## HOW TO COMPLETE THIS TASK
Please copy each line of the records below that holds the word "pure".

[Collection entries]

..........

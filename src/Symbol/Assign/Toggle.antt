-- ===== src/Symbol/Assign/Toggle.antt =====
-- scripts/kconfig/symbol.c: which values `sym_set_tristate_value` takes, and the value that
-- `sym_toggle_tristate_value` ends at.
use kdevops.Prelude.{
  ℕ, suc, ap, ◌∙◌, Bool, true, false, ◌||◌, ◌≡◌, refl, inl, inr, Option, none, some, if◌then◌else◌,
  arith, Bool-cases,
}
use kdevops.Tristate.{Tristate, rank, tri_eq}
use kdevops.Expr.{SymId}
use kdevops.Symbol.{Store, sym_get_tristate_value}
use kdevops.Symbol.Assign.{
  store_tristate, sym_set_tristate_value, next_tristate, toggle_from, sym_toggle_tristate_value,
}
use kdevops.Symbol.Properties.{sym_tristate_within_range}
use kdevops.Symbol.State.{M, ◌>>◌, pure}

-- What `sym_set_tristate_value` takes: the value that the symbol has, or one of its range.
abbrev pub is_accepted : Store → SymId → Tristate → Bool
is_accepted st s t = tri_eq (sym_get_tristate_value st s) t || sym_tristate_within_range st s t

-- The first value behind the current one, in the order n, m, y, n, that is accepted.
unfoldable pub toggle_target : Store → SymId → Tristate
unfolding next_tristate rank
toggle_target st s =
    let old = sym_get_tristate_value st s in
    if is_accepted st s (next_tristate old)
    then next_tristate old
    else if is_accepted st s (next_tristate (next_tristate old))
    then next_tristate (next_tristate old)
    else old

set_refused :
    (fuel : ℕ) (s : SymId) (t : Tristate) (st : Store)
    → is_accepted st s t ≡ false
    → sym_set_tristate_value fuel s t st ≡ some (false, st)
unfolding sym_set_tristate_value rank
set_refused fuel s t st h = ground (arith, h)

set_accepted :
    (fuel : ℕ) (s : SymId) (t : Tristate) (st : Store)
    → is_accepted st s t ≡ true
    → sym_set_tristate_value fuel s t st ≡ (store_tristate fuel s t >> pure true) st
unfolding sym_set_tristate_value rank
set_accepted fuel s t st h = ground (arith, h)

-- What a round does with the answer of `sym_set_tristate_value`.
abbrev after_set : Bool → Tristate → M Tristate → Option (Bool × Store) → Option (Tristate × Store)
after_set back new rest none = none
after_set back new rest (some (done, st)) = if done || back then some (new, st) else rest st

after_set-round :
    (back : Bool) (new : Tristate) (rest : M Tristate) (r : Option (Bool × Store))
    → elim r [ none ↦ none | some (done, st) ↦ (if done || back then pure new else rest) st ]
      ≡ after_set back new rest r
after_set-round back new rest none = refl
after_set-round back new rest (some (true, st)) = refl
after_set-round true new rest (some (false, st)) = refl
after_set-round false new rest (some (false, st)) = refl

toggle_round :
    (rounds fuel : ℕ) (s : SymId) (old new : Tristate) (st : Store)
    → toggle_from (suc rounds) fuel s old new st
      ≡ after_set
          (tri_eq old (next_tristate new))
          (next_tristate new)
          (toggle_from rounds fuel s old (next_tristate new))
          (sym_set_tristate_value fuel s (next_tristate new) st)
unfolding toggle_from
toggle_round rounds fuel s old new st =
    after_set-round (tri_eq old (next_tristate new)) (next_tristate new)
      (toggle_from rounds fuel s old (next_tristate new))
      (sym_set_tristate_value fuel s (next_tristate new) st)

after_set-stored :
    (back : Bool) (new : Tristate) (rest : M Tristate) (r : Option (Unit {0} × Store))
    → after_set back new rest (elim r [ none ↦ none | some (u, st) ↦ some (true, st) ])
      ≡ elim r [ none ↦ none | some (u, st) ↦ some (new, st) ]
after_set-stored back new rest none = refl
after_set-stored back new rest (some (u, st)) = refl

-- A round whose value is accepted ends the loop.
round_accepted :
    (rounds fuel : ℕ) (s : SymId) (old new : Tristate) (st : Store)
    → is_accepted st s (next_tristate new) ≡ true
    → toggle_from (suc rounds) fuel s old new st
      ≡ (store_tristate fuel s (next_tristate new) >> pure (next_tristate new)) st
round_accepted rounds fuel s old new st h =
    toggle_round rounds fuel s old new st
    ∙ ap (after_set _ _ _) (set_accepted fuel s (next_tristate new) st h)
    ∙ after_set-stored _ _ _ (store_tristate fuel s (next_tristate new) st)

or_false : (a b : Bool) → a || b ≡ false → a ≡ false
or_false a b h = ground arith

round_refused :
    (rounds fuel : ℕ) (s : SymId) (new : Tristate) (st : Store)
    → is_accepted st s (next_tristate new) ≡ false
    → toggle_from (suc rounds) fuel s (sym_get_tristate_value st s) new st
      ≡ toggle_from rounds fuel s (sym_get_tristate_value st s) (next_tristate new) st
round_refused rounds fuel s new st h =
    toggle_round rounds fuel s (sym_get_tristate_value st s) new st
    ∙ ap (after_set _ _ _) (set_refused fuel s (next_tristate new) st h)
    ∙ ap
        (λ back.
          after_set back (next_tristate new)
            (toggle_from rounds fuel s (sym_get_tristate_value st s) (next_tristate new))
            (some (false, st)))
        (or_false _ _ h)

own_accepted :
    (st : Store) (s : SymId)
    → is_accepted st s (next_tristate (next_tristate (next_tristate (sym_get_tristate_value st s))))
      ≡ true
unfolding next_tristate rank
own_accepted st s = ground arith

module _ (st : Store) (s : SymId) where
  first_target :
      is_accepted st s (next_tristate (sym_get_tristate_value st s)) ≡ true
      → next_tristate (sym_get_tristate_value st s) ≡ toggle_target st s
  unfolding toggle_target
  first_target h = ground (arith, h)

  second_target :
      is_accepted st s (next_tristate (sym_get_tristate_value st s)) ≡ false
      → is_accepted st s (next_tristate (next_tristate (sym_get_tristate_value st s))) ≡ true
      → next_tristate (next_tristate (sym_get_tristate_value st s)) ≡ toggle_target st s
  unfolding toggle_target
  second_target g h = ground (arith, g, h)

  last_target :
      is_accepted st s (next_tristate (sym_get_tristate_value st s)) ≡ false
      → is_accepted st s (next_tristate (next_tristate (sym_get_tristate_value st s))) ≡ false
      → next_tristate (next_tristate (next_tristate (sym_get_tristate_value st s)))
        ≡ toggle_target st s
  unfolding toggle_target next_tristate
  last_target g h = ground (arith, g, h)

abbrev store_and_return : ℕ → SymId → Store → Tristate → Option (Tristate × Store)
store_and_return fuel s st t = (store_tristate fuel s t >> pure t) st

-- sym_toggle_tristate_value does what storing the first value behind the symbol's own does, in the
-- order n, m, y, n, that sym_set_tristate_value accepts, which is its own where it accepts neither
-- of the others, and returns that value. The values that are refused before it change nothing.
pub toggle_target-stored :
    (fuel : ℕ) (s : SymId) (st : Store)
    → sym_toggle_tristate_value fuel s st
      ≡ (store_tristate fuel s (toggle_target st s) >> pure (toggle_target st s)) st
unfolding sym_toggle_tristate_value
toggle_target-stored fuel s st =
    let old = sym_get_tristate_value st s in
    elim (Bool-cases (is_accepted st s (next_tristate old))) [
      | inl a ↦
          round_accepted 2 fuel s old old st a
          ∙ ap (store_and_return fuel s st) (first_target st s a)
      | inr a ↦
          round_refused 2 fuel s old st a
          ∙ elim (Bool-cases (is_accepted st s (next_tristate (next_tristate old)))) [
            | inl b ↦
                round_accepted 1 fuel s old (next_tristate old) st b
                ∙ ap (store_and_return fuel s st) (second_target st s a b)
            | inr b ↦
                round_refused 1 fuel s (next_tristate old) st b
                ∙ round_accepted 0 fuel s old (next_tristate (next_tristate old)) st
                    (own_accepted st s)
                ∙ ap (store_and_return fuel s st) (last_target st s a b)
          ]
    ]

..........

## YOUR SOLUTION
use kdevops.Symbol.State.{M, ◌>>◌, pure}
    → sym_set_tristate_value fuel s t st ≡ (store_tristate fuel s t >> pure true) st
    → elim r [ none ↦ none | some (done, st) ↦ (if done || back then pure new else rest) st ]
      ≡ (store_tristate fuel s (next_tristate new) >> pure (next_tristate new)) st
store_and_return fuel s st t = (store_tristate fuel s t >> pure t) st
      ≡ (store_tristate fuel s (toggle_target st s) >> pure (toggle_target st s)) st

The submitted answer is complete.